The essential focus of the collection is on artists' books and the broader topics of the Book Arts: letterpress printing, fine binding, handpapermaking and paper decoration.

(Click here for digital exhibition)

Sequence, image and story are the key elements of what makes a graphic novel a graphic novel, and this idea of sequence, image, story is the basis for our new exhibition, GRAPHIX, a survey of contemporary graphic novels (and some historic ones, too).

Artist Will Eisner popularized the name “graphic novel” in describing his seminal 1978 book A Contract with God. By then, Eisner had been a popular comic book artist for decades. What Eisner was perhaps trying to convey with this new term is that Contract was somehow more than a comic book. Its stories were not the stuff of typical comic books.

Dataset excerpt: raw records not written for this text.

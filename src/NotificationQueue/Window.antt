-- ===== src/NotificationQueue/Window.antt =====
-- The entries between the two counters of a ring, oldest first, and when a ring is well formed.
use Prim.Native.Nat.{◌∣◌}
use native.Mathlib.Nat.{
  mod-mod_of_dvd, dvd_refl, dvd-mul_right_of_dvd, le_of_dvd, pow-suc, mod-lt, one-le-pow,
  mod-add-mod,
}
use trustonic_tee_user_space.Prelude.{
  ℕ, zero, suc, ◌+◌, ◌-◌, ◌%◌, ◌^◌, ◌≤◌, ◌<◌, ◌≡◌, ◌≢◌, refl, sym, ap, ◌∙◌, List, [], ◌∷◌, ◌++◌,
  length, set, arith, get_or, get_or-set_ne,
}
use trustonic_tee_user_space.Prelude.Bits.{bit_and_mask}
use trustonic_tee_user_space.Prelude.Words.{u32_mod, sub32}
use trustonic_tee_user_space.NotificationQueue.{Notification, Ring, slot}

-- The ring has 2 ^ k slots, k below 32, and holds at most so many entries.
pub record IsValid (k : ℕ) (r : Ring) : Type 0 where
  pub width : k < 32
  pub size : r.queue_size ≡ 2 ^ k
  pub slots_there : length r.slots ≡ 2 ^ k
  pub write_word : r.write_cnt < u32_mod
  pub read_word : r.read_cnt < u32_mod
  pub bounded : sub32 r.write_cnt r.read_cnt ≤ 2 ^ k

abbrev pub blank : Notification
blank = record { session_id = 0; payload = 0 }

-- `n` entries from the counter `c` on.
abbrev pub window : ℕ → List Notification → ℕ → ℕ → List Notification
window k xs c zero = []
window k xs c (suc n) = get_or xs (c % 2 ^ k) blank ∷ window k xs (c + 1) n

abbrev pub contents : ℕ → Ring → List Notification
contents k r = window k r.slots r.read_cnt (sub32 r.write_cnt r.read_cnt)

pub length-window : (k : ℕ) (xs : List Notification) (c n : ℕ) → length (window k xs c n) ≡ n
length-window k xs c zero = refl
length-window k xs c (suc n) = ap suc (length-window k xs (c + 1) n)

pub window_snoc :
    (k : ℕ) (xs : List Notification) (c n : ℕ)
    → window k xs c (suc n) ≡ window k xs c n ++ get_or xs ((c + n) % 2 ^ k) blank ∷ []
window_snoc k xs c zero = let e : c + 0 ≡ c = omega arith in rw e
window_snoc k xs c (suc n) =
    let e : c + suc n ≡ c + 1 + n = omega arith in
    rw e (ap (λ t. get_or xs (c % 2 ^ k) blank ∷ t) (window_snoc k xs (c + 1) n))

pow-dvd : (k d n : ℕ) → k + d ≡ n → 2 ^ k ∣ 2 ^ n
pow-dvd k zero n e = let e' : k ≡ n = omega arith in rw (← e') (dvd_refl (2 ^ k))
pow-dvd k (suc d) zero e = absurd (omega arith)
pow-dvd k (suc d) (suc n) e =
    rw (pow-suc 2 n) (dvd-mul_right_of_dvd (2 ^ k) (pow-dvd k d n (omega arith)) 2)

-- 2 ^ k divides 2 ^ 32, so a counter that wraps keeps its slot.
pub mod_word : (k c : ℕ) → k < 32 → c % u32_mod % 2 ^ k ≡ c % 2 ^ k
mod_word k c h = mod-mod_of_dvd (2 ^ k) c (pow-dvd k (32 - k) 32 (omega arith))

pub slot_lem : (k c : ℕ) → k < 32 → slot c (2 ^ k) ≡ c % 2 ^ k
unfolding sub32
slot_lem k c h =
    let pos : 0 < 2 ^ k = one-le-pow k 2 (omega arith) in
    let small : 2 ^ k ≤ 2 ^ 32 = le_of_dvd (omega arith) (pow-dvd k (32 - k) 32 (omega arith)) in
    let minus : (2 ^ k + u32_mod - 1) % u32_mod ≡ 2 ^ k - 1 = omega arith in
    rw minus (bit_and_mask k c)

-- Two counters less than a ring apart have different slots.
pub slots_apart : (m c d : ℕ) → 0 < d → d < m → c % m ≢ (c + d) % m
slots_apart m c d p q e = grind (arith, mod-add-mod c m d, mod-lt c {m = m} (omega arith))

-- The entries depend on the counter only through its slot.
pub window_same :
    (k : ℕ) (xs : List Notification) (c c' n : ℕ)
    → c % 2 ^ k ≡ c' % 2 ^ k
    → window k xs c n ≡ window k xs c' n
window_same k xs c c' zero e = refl
window_same k xs c c' (suc n) e = rw (e, window_same k xs (c + 1) (c' + 1) n next)
  where
    next : (c + 1) % 2 ^ k ≡ (c' + 1) % 2 ^ k
    next =
        sym (mod-add-mod c (2 ^ k) 1) ∙ ap (λ (x : ℕ). (x + 1) % 2 ^ k) e ∙ mod-add-mod c' (2 ^ k) 1

-- A write outside the window leaves it.
pub window-set :
    (k : ℕ) (xs : List Notification) (c d n j : ℕ) (v : Notification)
    → n ≤ d
    → d < 2 ^ k
    → j ≡ (c + d) % 2 ^ k
    → window k (set xs j v) c n ≡ window k xs c n
window-set k xs c d zero j v p q e = refl
window-set k xs c d (suc n) j v p q e =
    let next : j ≡ (c + 1 + (d - 1)) % 2 ^ k = e ∙ ap (λ (x : ℕ). x % 2 ^ k) (omega arith) in
    rw (head, window-set k xs (c + 1) (d - 1) n j v (omega arith) (omega arith) next)
  where
    head : get_or (set xs j v) (c % 2 ^ k) blank ≡ get_or xs (c % 2 ^ k) blank
    head = get_or-set_ne xs v blank (λ h. slots_apart (2 ^ k) c d (omega arith) q (sym h ∙ e))
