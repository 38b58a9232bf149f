-- ===== src/Device/TaExit.antt =====
-- The clean-up of sessions whose task has ended: the inner loop of TrustZoneDevice::handleTaExit.
use trustonic_tee_user_space.Prelude.{
  ℕ, zero, suc, List, [], ◌∷◌, Option, none, some, ◌==◌, if◌then◌else◌,
}
use trustonic_tee_user_space.Status.{mc_drv_ok}
use trustonic_tee_user_space.TrustletSession.{TrustletSession, is_ta_dead}
use trustonic_tee_user_space.Device.{Device, Env}
use trustonic_tee_user_space.Device.Sessions.{deref, free_session}
use trustonic_tee_user_space.Device.Close.{close_session_internal}

unfoldable pub first_dead : List TrustletSession → Option TrustletSession
first_dead [] = none
first_dead (s ∷ ss) = if is_ta_dead s.session_state then some s else first_dead ss

free_if_closed : TrustletSession → ℕ × Device → Device
free_if_closed s (ret, d) = if ret == mc_drv_ok then free_session d (deref d.sessions s) else d

unfoldable pub clean_up : Env → Device → TrustletSession → Device
unfolding free_if_closed
clean_up env d s = free_if_closed s (close_session_internal env d s)

-- `none` if the fuel runs out: the code goes on as long as it finds a dead session.
unfoldable pub handle_ta_exit : ℕ → Env → Device → Option Device
unfolding clean_up
handle_ta_exit zero env d = none
handle_ta_exit (suc fuel) env d = elim (first_dead d.sessions) [
  | none ↦ some d
  | some s ↦ handle_ta_exit fuel env (clean_up env d s)
]
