-- ===== src/NotificationQueue/Refinement.antt =====
-- A ring refines a bounded FIFO: `put` appends unless full, `get` takes the oldest entry.
use native.Mathlib.Nat.{mod-lt, one-le-pow, pow-le-pow_right}
use trustonic_tee_user_space.Prelude.{
  ℕ, suc, ◌+◌, ◌%◌, ◌^◌, ◌≤◌, ◌<◌, ◌≡◌, refl, sym, ap, ◌∙◌, inl, inr, true, false, List, [], ◌∷◌,
  ◌++◌, Option, none, some, length, get_elem?, set, length-set, get_or-set_self,
  get_elem?-eq-get_or, arith, ltb, ltb→lt, if◌then◌else◌, Bool-cases,
}
use trustonic_tee_user_space.Prelude.Words.{u32_mod, add32, sub32, add32-lt}
use trustonic_tee_user_space.NotificationQueue.{
  Notification, Ring, NotificationQueue, slot, put, get, put_notification, get_notification,
}
use trustonic_tee_user_space.NotificationQueue.Window.{
  IsValid, blank, window, contents, length-window, window_snoc, mod_word, slot_lem, window_same,
  window-set,
}

-- The FIFO of at most `cap` entries, oldest first.
pub push : ℕ → List Notification → Notification → List Notification
push cap xs n = if ltb (length xs) cap then xs ++ n ∷ [] else xs

unfoldable pub pop : List Notification → Option Notification × List Notification
pop [] = (none, [])
pop (x ∷ xs) = (some x, xs)

-- The counters wrap at 2 ^ 32; their difference does not.
count_put :
    (w r : ℕ)
    → w < u32_mod
    → r < u32_mod
    → sub32 w r < 2 ^ 31 + 1
    → sub32 (add32 w 1) r ≡ suc (sub32 w r)
unfolding add32 sub32
count_put w r p q h = omega arith

count_get :
    (w r : ℕ) → w < u32_mod → r < u32_mod → 0 < sub32 w r → sub32 w r ≡ suc (sub32 w (add32 r 1))
unfolding add32 sub32
count_get w r p q h = omega arith

write_cnt_lem : (w r : ℕ) → w < u32_mod → r < u32_mod → (r + sub32 w r) % u32_mod ≡ w
unfolding sub32
write_cnt_lem w r p q = omega arith

pow_small : (k : ℕ) → k < 32 → 2 ^ k ≤ 2 ^ 31
pow_small k h = pow-le-pow_right (omega arith) {j = 31} (omega arith)

pow_pos : (k : ℕ) → 0 < 2 ^ k
pow_pos k = one-le-pow k 2 (omega arith)

write_slot :
    (k w r : ℕ) → k < 32 → w < u32_mod → r < u32_mod → slot w (2 ^ k) ≡ (r + sub32 w r) % 2 ^ k
write_slot k w r h p q =
    slot_lem k w h
    ∙ ap (λ (x : ℕ). x % 2 ^ k) (sym (write_cnt_lem w r p q))
    ∙ mod_word k (r + sub32 w r) h

-- What the slots of a ring with room hold after a put.
window_put :
    (k : ℕ) (xs : List Notification) (w r : ℕ) (n : Notification)
    → k < 32
    → length xs ≡ 2 ^ k
    → w < u32_mod
    → r < u32_mod
    → sub32 w r < 2 ^ k
    → window k (set xs (slot w (2 ^ k)) n) r (sub32 (add32 w 1) r)
      ≡ window k xs r (sub32 w r) ++ n ∷ []
window_put k xs w r n h l p q room = rw (
  count_put w r p q (omega (arith, pow_small k h)),
  window_snoc k (set xs (slot w (2 ^ k)) n) r (sub32 w r),
  window-set k xs r (sub32 w r) (sub32 w r) (slot w (2 ^ k)) n (omega arith) room
      (write_slot k w r h p q),
  ← write_slot k w r h p q,
  get_or-set_self xs (slot w (2 ^ k)) n blank
      (omega (arith, write_slot k w r h p q, mod-lt (r + sub32 w r) (pow_pos k))),
)

put_room :
    (m : ℕ) (r : Ring) (n : Notification)
    → r.queue_size ≡ m
    → ltb (sub32 r.write_cnt r.read_cnt) m ≡ true
    → put r n
      ≡ record r { slots = set r.slots (slot r.write_cnt m) n; write_cnt = add32 r.write_cnt 1 }
unfolding put
put_room m r n s e = ground arith

put_full :
    (m : ℕ) (r : Ring) (n : Notification)
    → r.queue_size ≡ m
    → ltb (sub32 r.write_cnt r.read_cnt) m ≡ false
    → put r n ≡ r
unfolding put
put_full m r n s e = ground arith

get_some :
    (m : ℕ) (r : Ring)
    → r.queue_size ≡ m
    → ltb 0 (sub32 r.write_cnt r.read_cnt) ≡ true
    → get r ≡ (get_elem? r.slots (slot r.read_cnt m), record r { read_cnt = add32 r.read_cnt 1 })
unfolding get
get_some m r s e = ground arith

get-none : (r : Ring) → ltb 0 (sub32 r.write_cnt r.read_cnt) ≡ false → get r ≡ (none, r)
unfolding get
get-none r e = rw e

-- What a get from a ring with entries returns and leaves.
window_get :
    (k : ℕ) (xs : List Notification) (w r : ℕ)
    → k < 32
    → length xs ≡ 2 ^ k
    → w < u32_mod
    → r < u32_mod
    → 0 < sub32 w r
    → ◌≡◌ {A = Option Notification × List Notification}
        (get_elem? xs (slot r (2 ^ k)), window k xs (add32 r 1) (sub32 w (add32 r 1)))
        (pop (window k xs r (sub32 w r)))
unfolding pop add32
window_get k xs w r h l p q some_left = rw (
  count_get w r p q some_left,
  slot_lem k r h,
  get_elem?-eq-get_or xs (r % 2 ^ k) blank (omega (arith, mod-lt r (pow_pos k))),
  window_same k xs ((r + 1) % u32_mod) (r + 1) (sub32 w ((r + 1) % u32_mod)) (mod_word k (r + 1) h),
)

put-contents :
    (k : ℕ) (r : Ring) (n : Notification)
    → IsValid k r
    → IsValid k (put r n) × (contents k (put r n) ≡ push (2 ^ k) (contents k r) n)
unfolding push
put-contents k r n v = elim (Bool-cases (ltb (sub32 r.write_cnt r.read_cnt) (2 ^ k))) [
  | inl e ↦
      rw
        (
          put_room (2 ^ k) r n v.size e,
          length-window k r.slots r.read_cnt (sub32 r.write_cnt r.read_cnt),
          e,
        )
        (
          record {
            width = v.width;
            size = v.size;
            slots_there = length-set r.slots (slot r.write_cnt (2 ^ k)) n ∙ v.slots_there;
            write_word = add32-lt r.write_cnt 1;
            read_word = v.read_word;
            bounded = omega (
              arith,
              count_put r.write_cnt r.read_cnt v.write_word v.read_word
                  (omega (arith, pow_small k v.width)),
              ltb→lt _ _ e,
            );
          },
          window_put k r.slots r.write_cnt r.read_cnt n v.width v.slots_there v.write_word
              v.read_word (ltb→lt _ _ e),
        )
  | inr e ↦
      rw
        (
          put_full (2 ^ k) r n v.size e,
          length-window k r.slots r.read_cnt (sub32 r.write_cnt r.read_cnt),
          e,
        )
        (v, refl)
]

get-contents :
    (k : ℕ) (r : Ring)
    → IsValid k r
    → IsValid k (get r).1 × (((get r).0, contents k (get r).1) ≡ pop (contents k r))
unfolding pop
get-contents k r v = elim (Bool-cases (ltb 0 (sub32 r.write_cnt r.read_cnt))) [
  | inl e ↦ rw (get_some (2 ^ k) r v.size e) (
    record {
      width = v.width;
      size = v.size;
      slots_there = v.slots_there;
      write_word = v.write_word;
      read_word = add32-lt r.read_cnt 1;
      bounded = omega (
        arith,
        count_get r.write_cnt r.read_cnt v.write_word v.read_word (ltb→lt _ _ e),
        v.bounded,
      );
    },
    window_get k r.slots r.write_cnt r.read_cnt v.width v.slots_there v.write_word v.read_word
        (ltb→lt _ _ e),
  )
  | inr e ↦ rw (get-none r e) (v, let z : sub32 r.write_cnt r.read_cnt ≡ 0 = ground arith in rw z)
]

-- A well formed outgoing ring of 2 ^ k slots is a FIFO of that capacity: a notification goes to
-- the end, or is dropped if the ring is full; the ring stays well formed and the incoming one is
-- not touched.
pub put_notification-push :
    (k : ℕ) (q : NotificationQueue) (n : Notification)
    → IsValid k q.outgoing
    → IsValid k (put_notification q n).outgoing
      × (contents k (put_notification q n).outgoing ≡ push (2 ^ k) (contents k q.outgoing) n)
      × ((put_notification q n).incoming ≡ q.incoming)
unfolding put_notification
put_notification-push k q n v =
    let (kept, pushed) = put-contents k q.outgoing n v in (kept, pushed, refl)

-- A well formed incoming ring gives its oldest entry and keeps the rest in order, or gives none if
-- it is empty; the ring stays well formed and the outgoing one is not touched.
pub get_notification-pop :
    (k : ℕ) (q : NotificationQueue)
    → IsValid k q.incoming
    → let (n, q') = get_notification q in
      IsValid k q'.incoming
      × ((n, contents k q'.incoming) ≡ pop (contents k q.incoming))
      × (q'.outgoing ≡ q.outgoing)
unfolding get_notification
get_notification-pop k q v =
    let (kept, popped) = get-contents k q.incoming v in (kept, popped, refl)

-- The two sides of one ring, in any order of their calls.
pub data Call : Type 0 where
  puts : Notification → Call
  gets : Call

unfoldable pub ring_run : Ring → List Call → List (Option Notification)
unfolding put get
ring_run r [] = []
ring_run r (puts n ∷ cs) = ring_run (put r n) cs
ring_run r (gets ∷ cs) = (get r).0 ∷ ring_run (get r).1 cs

pub fifo_run : ℕ → List Notification → List Call → List (Option Notification)
fifo_run cap xs [] = []
fifo_run cap xs (puts n ∷ cs) = fifo_run cap (push cap xs n) cs
fifo_run cap xs (gets ∷ cs) = (pop xs).0 ∷ fifo_run cap (pop xs).1 cs

-- However the producer's and the consumer's calls on a well formed ring follow one another, the
-- consumer sees what a FIFO of the same capacity and contents would give it.
pub ring_run-eq-fifo_run :
    (k : ℕ) (r : Ring) (cs : List Call)
    → IsValid k r
    → ring_run r cs ≡ fifo_run (2 ^ k) (contents k r) cs
unfolding ring_run fifo_run
ring_run-eq-fifo_run k r [] v = refl
ring_run-eq-fifo_run k r (puts n ∷ cs) v =
    let (kept, e) = put-contents k r n v in rw (← e) (ring_run-eq-fifo_run k (put r n) cs kept)
ring_run-eq-fifo_run k r (gets ∷ cs) v =
    let (kept, e) = get-contents k r v in
    rw (← e) (ap (λ t. (get r).0 ∷ t) (ring_run-eq-fifo_run k (get r).1 cs kept))
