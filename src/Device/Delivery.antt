-- ===== src/Device/Delivery.antt =====
-- What the IRQ thread does with one batch of incoming notifications.
use trustonic_tee_user_space.Prelude.{
  ℕ, zero, suc, ◌+◌, ◌<◌, ◌≡◌, refl, ap, ◌∙◌, true, false, List, [], ◌∷◌, Option, none, some, arith,
  ◌==◌, if◌then◌else◌, length, Bool-cases, inl, inr,
}
use trustonic_tee_user_space.NotificationQueue.{
  Notification, NotificationQueue, sid_mcp, get_notification,
}
use trustonic_tee_user_space.NotificationQueue.Window.{IsValid, contents}
use trustonic_tee_user_space.NotificationQueue.Refinement.{pop, get_notification-pop}
use trustonic_tee_user_space.Device.{Device, logged, scheduler_wakeup}
use trustonic_tee_user_space.Device.Irq.{handle_notification, handle_all, irq_batch}

-- The notifications for sessions, in order, and the number of those for the MCP session.
unfoldable pub for_sessions : List Notification → List Notification
for_sessions [] = []
for_sessions (n ∷ ns) = if n.session_id == sid_mcp then for_sessions ns else n ∷ for_sessions ns

unfoldable pub for_mcp : List Notification → ℕ
for_mcp [] = 0
for_mcp (n ∷ ns) = if n.session_id == sid_mcp then suc (for_mcp ns) else for_mcp ns

handle_notification-nq :
    (d : Device) (q : NotificationQueue) (n : Notification)
    → handle_notification (record d { nq = q }) n ≡ record (handle_notification d n) { nq = q }
unfolding handle_notification
handle_notification-nq d q n = ground arith

-- One batch from a queue: what is left of it, and what was done.
abbrev Drained : ℕ → ℕ → Device → NotificationQueue → ℕ → List Notification → Type 0
Drained k fuel d q signals ns =
    (q' : NotificationQueue) × (contents k q'.incoming ≡ [])
    × (q'.outgoing ≡ q.outgoing)
    × (irq_batch fuel (record d { nq = q }) signals
        ≡ some (
          logged (record (handle_all d (for_sessions ns)) { nq = q' }) scheduler_wakeup,
          signals + for_mcp ns,
        ))

abbrev ended : Device → NotificationQueue → ℕ → List Notification → Option (Device × ℕ)
ended d q signals ns = some (
  logged (record (handle_all d (for_sessions ns)) { nq = q }) scheduler_wakeup,
  signals + for_mcp ns,
)

ended-mcp :
    (d : Device) (q : NotificationQueue) (signals : ℕ) (n : Notification) (ns : List Notification)
    → (n.session_id == sid_mcp) ≡ true
    → ended d q (suc signals) ns ≡ ended d q signals (n ∷ ns)
unfolding for_sessions for_mcp
ended-mcp d q signals n ns e =
    let sum : suc signals + for_mcp ns ≡ signals + suc (for_mcp ns) = omega arith in rw (e, sum)

ended-session :
    (d : Device) (q : NotificationQueue) (signals : ℕ) (n : Notification) (ns : List Notification)
    → (n.session_id == sid_mcp) ≡ false
    → ended (handle_notification d n) q signals ns ≡ ended d q signals (n ∷ ns)
unfolding for_sessions for_mcp handle_all
ended-session d q signals n ns e = rw e

-- One round of the loop.
round_empty :
    (fuel : ℕ) (d : Device) (q : NotificationQueue) (signals : ℕ)
    → (get_notification q).0 ≡ none
    → irq_batch (suc fuel) (record d { nq = q }) signals ≡ ended d (get_notification q).1 signals []
unfolding irq_batch handle_all for_sessions for_mcp
round_empty fuel d q signals e =
    let sum : signals + 0 ≡ signals = omega arith in rw (e, irq_batch, sum)

round_mcp :
    (fuel : ℕ) (d : Device) (q : NotificationQueue) (signals : ℕ) (n : Notification)
    → (get_notification q).0 ≡ some n
    → (n.session_id == sid_mcp) ≡ true
    → irq_batch (suc fuel) (record d { nq = q }) signals
      ≡ irq_batch fuel (record d { nq = (get_notification q).1 }) (suc signals)
unfolding irq_batch
round_mcp fuel d q signals n e m = rw (e, irq_batch, m)

round_session :
    (fuel : ℕ) (d : Device) (q : NotificationQueue) (signals : ℕ) (n : Notification)
    → (get_notification q).0 ≡ some n
    → (n.session_id == sid_mcp) ≡ false
    → irq_batch (suc fuel) (record d { nq = q }) signals
      ≡ irq_batch fuel (record (handle_notification d n) { nq = (get_notification q).1 }) signals
unfolding irq_batch
round_session fuel d q signals n e m =
    rw (e, irq_batch, m)
      (ap (λ x. irq_batch fuel x signals) (handle_notification-nq d (get_notification q).1 n))

irq_batch-Drained :
    (k fuel : ℕ) (d : Device) (q : NotificationQueue) (signals : ℕ) (ns : List Notification)
    → IsValid k q.incoming
    → contents k q.incoming ≡ ns
    → length ns < fuel
    → Drained k fuel d q signals ns
unfolding pop
irq_batch-Drained k zero d q signals ns v e h = absurd (omega arith)
irq_batch-Drained k (suc fuel) d q signals [] v e h =
    let (v', popped, out) = get_notification-pop k q v in
    let gone : (get_notification q).0 ≡ none = ap (λ p. p.0) popped ∙ ap (λ c. (pop c).0) e in
    let left = ap (λ p. p.1) popped ∙ ap (λ c. (pop c).1) e in
    ((get_notification q).1, left, out, round_empty fuel d q signals gone)
irq_batch-Drained k (suc fuel) d q signals (n ∷ ns) v e h =
    let (v', popped, out) = get_notification-pop k q v in
    let q' = (get_notification q).1 in
    let got : (get_notification q).0 ≡ some n = ap (λ p. p.0) popped ∙ ap (λ c. (pop c).0) e in
    let left : contents k q'.incoming ≡ ns = ap (λ p. p.1) popped ∙ ap (λ c. (pop c).1) e in
    elim (Bool-cases (n.session_id == sid_mcp)) [
      | inl m ↦
          let (q'', empty, same, done) =
            irq_batch-Drained k fuel d q' (suc signals) ns v' left (omega arith) in
          (
            q'',
            empty,
            same ∙ out,
            round_mcp fuel d q signals n got m ∙ done ∙ ended-mcp d q'' signals n ns m,
          )
      | inr m ↦
          let (q'', empty, same, done) =
            irq_batch-Drained k fuel (handle_notification d n) q' signals ns v' left
              (omega arith) in
          (
            q'',
            empty,
            same ∙ out,
            round_session fuel d q signals n got m ∙ done ∙ ended-session d q'' signals n ns m,
          )
    ]

-- A batch from a well formed ring ends after at most as many rounds as the ring has entries, and
-- one more: the ring is empty, the MCP semaphore was signalled once for each notification of the
-- MCP session, every other notification was handled once, in the order of the ring, and then the
-- scheduler was woken up.
pub irq_batch-ends :
    (k fuel : ℕ) (d : Device)
    → IsValid k d.nq.incoming
    → length (contents k d.nq.incoming) < fuel
    → (q : NotificationQueue) × (contents k q.incoming ≡ [])
      × (q.outgoing ≡ d.nq.outgoing)
      × (irq_batch fuel d 0
          ≡ some (
            logged
                (record (handle_all d (for_sessions (contents k d.nq.incoming))) { nq = q })
                scheduler_wakeup,
            for_mcp (contents k d.nq.incoming),
          ))
irq_batch-ends k fuel d v h =
    let sum : 0 + for_mcp (contents k d.nq.incoming) ≡ for_mcp (contents k d.nq.incoming) =
      omega arith in
    let (q, empty, same, done) =
      irq_batch-Drained k fuel d d.nq 0 (contents k d.nq.incoming) v refl h in
    (q, empty, same, done ∙ rw sum)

The term itself is thought to have been coined by Richard Kyle, a comics critic, in 1964, but it’s rather impossible to name the first graphic novel. It’s a genre that developed over time, a genre rooted, of course, in comics. Think of comics and immediately superheroes come to mind, and certainly superheroes come up often in graphic novels. But underground comics, known as comix, began to play into the genre, too. Artists like Robert Crumb led a movement in the 1960s that created an alternative to comics culture (in other words, an alternative to superheroes), and this, too, has had a huge impact on the development of the graphic novel.

An amazing thing happened in 1986, when not just one or two but three graphic novels exploded onto bestseller lists: The Dark Knight Returns by Frank Miller and Watchmen by Dave Gibbons & Alan Moore, both of which came out of the superhero tradition, and, of course, Maus by Art Spiegelman, perhaps the most famous graphic novel to date. This unprecedented triple play led to media coverage and an air of respectability, giving the graphic novel a prominent place in bookstores. That popularity continues to grow today.

Jonas McCaffery, JCBA Student Assistant and curator of the GRAPHIX exhibition, is a long-time fan of the format. "My goal with the exhibition is to broaden the viewer's mind on the narrative power of the graphic novel," says McCaffery, " and also to show how the graphic novel is much more than one sort of structure or story." In fact, the exhibition discusses graphic novels in terms of the genre's many categories: adventure, crime mystery, fantasy, fiction and nonfiction, horror, humor, science fiction, war, and, of course, super heroes.

Though most of the pieces on exhibit are contemporary, some are reprints of older works (one entire case is filled with the work of Winsor McCay, whose Little Nemo in Slumberland began its publication run in the New York Herald in 1906). The oldest original work in the exhibition is by American artist Lynd Ward: his original 1929 novel in pictures Gods' Man is on display in the Main Lobby of the library. "Ward has had a strong influence on graphic novels, especially on artists like Eric Drooker and Shawn Tan," says McCaffery. "Even before graphic novels were around, Lynd Ward was making them."

One of the curator's favorites in the exhibition is the 2007 graphic novel Signal to Noise, written by Neil Gaiman and illustrated by Dave McKean, in which a filmmaker who is diagnosed with terminal cancer debates whether or not to write his last screenplay. "It's a strong case for how the graphic novel works stories in a way that a regular book or a piece of art can't. We can visually see what the main character is thinking, rather than just reading a description of his thoughts. It's kind of like a movie, and the artwork in the book sometimes seems like it's breaking down... much like the main character's life, and his drive and spirit."

One general misconception about graphic novels is that they are merely stories that are told in words and pictures. But it's not just about a narrative told in pictures. "It's that sequence that really moves the narrative forward," says McCaffery. "And that's really what this exhibition is about. If you took a panel out of any of these books, it's something less than it was intended to be. It's the sequencing that really makes a graphic novel a graphic novel." Oddly enough, the same could be said of any movie: Look at any one still from the film and it is simply a picture. Show them in rapid sequence, though, and suddenly the images are transformed into something larger.